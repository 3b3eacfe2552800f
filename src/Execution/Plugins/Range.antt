-- ===== src/Execution/Plugins/Range.antt =====
-- Breakout and MeanReversion: aimos/execution/plugins/breakout.py and mean_reversion.py.
use aimos.Prelude.{◌||◌, Option, none, some, [], ◌∷◌, if◌then◌else◌}
use aimos.Prelude.Floats.{Floats, ◌⊕◌, ◌⊖◌, ◌⊗◌, ◌⊘◌, ◌≤?◌, nat}
use aimos.Schemas.{
  Action, long, short, bullish, bearish, neutral, breakout_at, range_fade, TradePlan,
  MarketUnderstanding, ExecContext,
}
use aimos.Execution.Plugins.{estimate_costs_bps, regime_prob, max_from, min_from, proposal}

pub record BreakoutCfg (F : Type 0) : Type 0 where
  pub min_confidence : F
  pub min_coin_health : F
  pub entry_atr_beyond : F

pub record MeanReversionCfg (F : Type 0) : Type 0 where
  pub min_confidence : F
  pub min_coin_health : F
  pub sl_atr_beyond : F

module _ {F : Type 0} ⦃fl : Floats F⦄ where
  unfoldable pub breakout_plan :
      MarketUnderstanding F → ExecContext F → Action → F → F → F → F → Option (TradePlan F)
  breakout_plan mu ctx action entry stop tp height =
      let risk = fl.abs (entry ⊖ stop) in
      if risk ≤? nat 0
      then none
      else some (
          proposal "Breakout" mu action entry stop tp (fl.abs (tp ⊖ entry) ⊘ risk)
            (estimate_costs_bps ctx) (mu.confidence ⊗ regime_prob mu)
            (breakout_at action entry height))

  -- With the range between the support and the resistance.
  unfoldable pub breakout_of :
      BreakoutCfg F → MarketUnderstanding F → ExecContext F → F → F → F → Option (TradePlan F)
  breakout_of cfg mu ctx atr resistance support =
      let mid_range = (resistance ⊕ support) ⊘ nat 2 in
      let height = resistance ⊖ support in
      let beyond = cfg.entry_atr_beyond ⊗ atr in
      let above = resistance ⊕ beyond in
      let below = support ⊖ beyond in
      if height ≤? nat 0 then none else elim mu.direction_bias [
        | bullish ↦ breakout_plan mu ctx long above mid_range (above ⊕ height) height
        | bearish ↦ breakout_plan mu ctx short below mid_range (below ⊖ height) height
        | neutral ↦ none
      ]

  unfoldable pub breakout_trade :
      BreakoutCfg F → MarketUnderstanding F → ExecContext F → Option (TradePlan F)
  breakout_trade cfg mu ctx = elim mu.key_levels.atr [
    | none ↦ none
    | some atr ↦ elim mu.key_levels.swing_highs [
      | [] ↦ none
      | high ∷ highs ↦ elim mu.key_levels.swing_lows [
        | [] ↦ none
        | low ∷ lows ↦
            if atr ≤? nat 0
            then none
            else breakout_of cfg mu ctx atr (max_from high highs) (min_from low lows)
      ]
    ]
  ]

  unfoldable pub reversion_plan :
      MarketUnderstanding F → ExecContext F → Action → F → F → F → Option (TradePlan F)
  reversion_plan mu ctx action entry stop tp =
      let risk = fl.abs (entry ⊖ stop) in
      let reward = fl.abs (tp ⊖ entry) in
      if (risk ≤? nat 0) || (reward ≤? nat 0)
      then none
      else some (
          proposal "MeanReversion" mu action entry stop tp (reward ⊘ risk) (estimate_costs_bps ctx)
            (mu.confidence ⊗ regime_prob mu) (range_fade action entry tp))

  unfoldable pub mean_reversion :
      MeanReversionCfg F → MarketUnderstanding F → ExecContext F → Option (TradePlan F)
  mean_reversion cfg mu ctx = elim mu.key_levels.atr [
    | none ↦ none
    | some atr ↦ elim mu.key_levels.price [
      | none ↦ none
      | some price ↦ elim mu.key_levels.swing_highs [
        | [] ↦ none
        | high ∷ highs ↦ elim mu.key_levels.swing_lows [
          | [] ↦ none
          | low ∷ lows ↦
              let resistance = max_from high highs in
              let support = min_from low lows in
              let mid_range = (resistance ⊕ support) ⊗ fl.decimal 5 1 in
              let beyond = cfg.sl_atr_beyond ⊗ atr in
              if atr ≤? nat 0 then none else elim mu.direction_bias [
                | bullish ↦ reversion_plan mu ctx long support (support ⊖ beyond) mid_range
                | bearish ↦ reversion_plan mu ctx short resistance (resistance ⊕ beyond) mid_range
                | neutral ↦ none
              ]
        ]
      ]
    ]
  ]
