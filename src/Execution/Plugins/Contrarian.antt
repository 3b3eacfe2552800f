-- ===== src/Execution/Plugins/Contrarian.antt =====
-- SmartDCA and FundingRate: aimos/execution/plugins/smart_dca.py and funding_rate.py. SmartDCA raises
-- without tranches, which is `none`.
use aimos.Prelude.{not, ◌||◌, Option, none, some, List, [], ◌∷◌, length, if◌then◌else◌}
use aimos.Prelude.Floats.{Floats, ◌⊕◌, ◌⊖◌, ◌⊗◌, ◌⊘◌, ◌<?◌, ◌≤?◌, nat, truthy}
use aimos.Schemas.{
  Action, long, short, is_bullish, is_bearish, capitulation, panic, same_behavior, dca_ladder,
  funding_fade, TradePlan, MarketUnderstanding, ExecContext,
}
use aimos.Execution.Plugins.{estimate_costs_bps, proposal}

pub record DcaCfg (F : Type 0) : Type 0 where
  pub min_confidence : F
  pub min_coin_health : F
  pub tranche_atr_offsets : List F
  pub tranche_size_pct : List F
  pub basket_stop_pct : F

pub record FundingCfg (F : Type 0) : Type 0 where
  pub min_confidence : F
  pub min_coin_health : F
  pub funding_z_min : F
  pub sl_atr_mult : F

module _ {F : Type 0} ⦃fl : Floats F⦄ where
  -- `build_ladder`: the price and the share of each tranche.
  unfoldable pub build_ladder : F → F → List F → List F → List (F × F)
  build_ladder mid atr (off ∷ offsets) (pct ∷ pcts) =
      (mid ⊕ (off ⊗ atr), pct) ∷ build_ladder mid atr offsets pcts
  build_ladder mid atr _ _ = []

  abbrev pub total_pct : F → List (F × F) → F
  total_pct sum [] = sum
  total_pct sum (t ∷ ladder) = total_pct (sum ⊕ t.1) ladder

  abbrev pub weighted : F → List (F × F) → F
  weighted sum [] = sum
  weighted sum (t ∷ ladder) = weighted (sum ⊕ (t.0 ⊗ t.1)) ladder

  abbrev pub average_entry : F → List (F × F) → F
  average_entry mid ladder =
      let total = total_pct (nat 0) ladder in
      if truthy total then weighted (nat 0) ladder ⊘ total else mid

  -- `x or fallback`
  abbrev pub given_or : Option F → F → F
  given_or none fallback = fallback
  given_or (some x) fallback = if truthy x then x else fallback

  unfoldable pub dca_plan :
      DcaCfg F → MarketUnderstanding F → ExecContext F → F → List (F × F) → Option (TradePlan F)
  dca_plan cfg mu ctx mid [] = none
  dca_plan cfg mu ctx mid (t ∷ ladder) =
      let avg = average_entry mid (t ∷ ladder) in
      let stop = avg ⊗ (nat 1 ⊕ (cfg.basket_stop_pct ⊘ nat 100)) in
      let tp =
        given_or mu.key_levels.vwap30 (avg ⊗ (nat 1 ⊕ (fl.abs cfg.basket_stop_pct ⊘ nat 100))) in
      let risk = fl.abs (avg ⊖ stop) in
      let rr = if nat 0 <? risk then fl.abs (tp ⊖ avg) ⊘ risk else nat 0 in
      some (
        proposal "SmartDCA" mu long t.0 stop tp rr (estimate_costs_bps ctx) mu.confidence
          (dca_ladder (length (t ∷ ladder)) avg))

  unfoldable pub smart_dca :
      DcaCfg F → MarketUnderstanding F → ExecContext F → Option (Option (TradePlan F))
  smart_dca cfg mu ctx =
      if not (same_behavior mu.behavior capitulation || same_behavior mu.behavior panic)
      then some none
      else elim mu.key_levels.price [
        | none ↦ some none
        | some mid ↦ elim mu.key_levels.atr [
          | none ↦ some none
          | some atr ↦
              if atr ≤? nat 0
              then some none
              else elim (dca_plan cfg mu ctx mid
                  (build_ladder mid atr cfg.tranche_atr_offsets cfg.tranche_size_pct)) [
                    | none ↦ none
                    | some plan ↦ some (some plan)
                  ]
        ]
      ]

  abbrev pub funding_plan :
      MarketUnderstanding F → ExecContext F → Action → F → F → F → F → TradePlan F
  funding_plan mu ctx action entry stop tp z =
      let risk = fl.abs (entry ⊖ stop) in
      proposal "FundingRate" mu action entry stop tp
        (if nat 0 <? risk then fl.abs (tp ⊖ entry) ⊘ risk else nat 0) (estimate_costs_bps ctx)
        mu.confidence (funding_fade action z)

  unfoldable pub funding_rate :
      FundingCfg F → MarketUnderstanding F → ExecContext F → Option (TradePlan F)
  funding_rate cfg mu ctx = elim mu.key_levels.funding_z [
    | none ↦ none
    | some z ↦ elim mu.key_levels.price [
      | none ↦ none
      | some price ↦ elim mu.key_levels.atr [
        | none ↦ none
        | some atr ↦
            let away = cfg.sl_atr_mult ⊗ atr in
            let is_crowded = nat 0 <? z in
            if (atr ≤? nat 0) || (fl.abs z <? cfg.funding_z_min)
            then none
            else if is_crowded
            then if not (is_bearish mu.direction_bias)
              then none
              else some (funding_plan mu ctx short price (price ⊕ away) (price ⊖ away) z)
            else if not (is_bullish mu.direction_bias)
            then none
            else some (funding_plan mu ctx long price (price ⊖ away) (price ⊕ away) z)
      ]
    ]
  ]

----

- **PROBLEM TO WORK ON**
Every line in the records above with "panic" in it adds one to the count; give that count and nothing else.

- **ANSWER TO THE PROBLEM**
2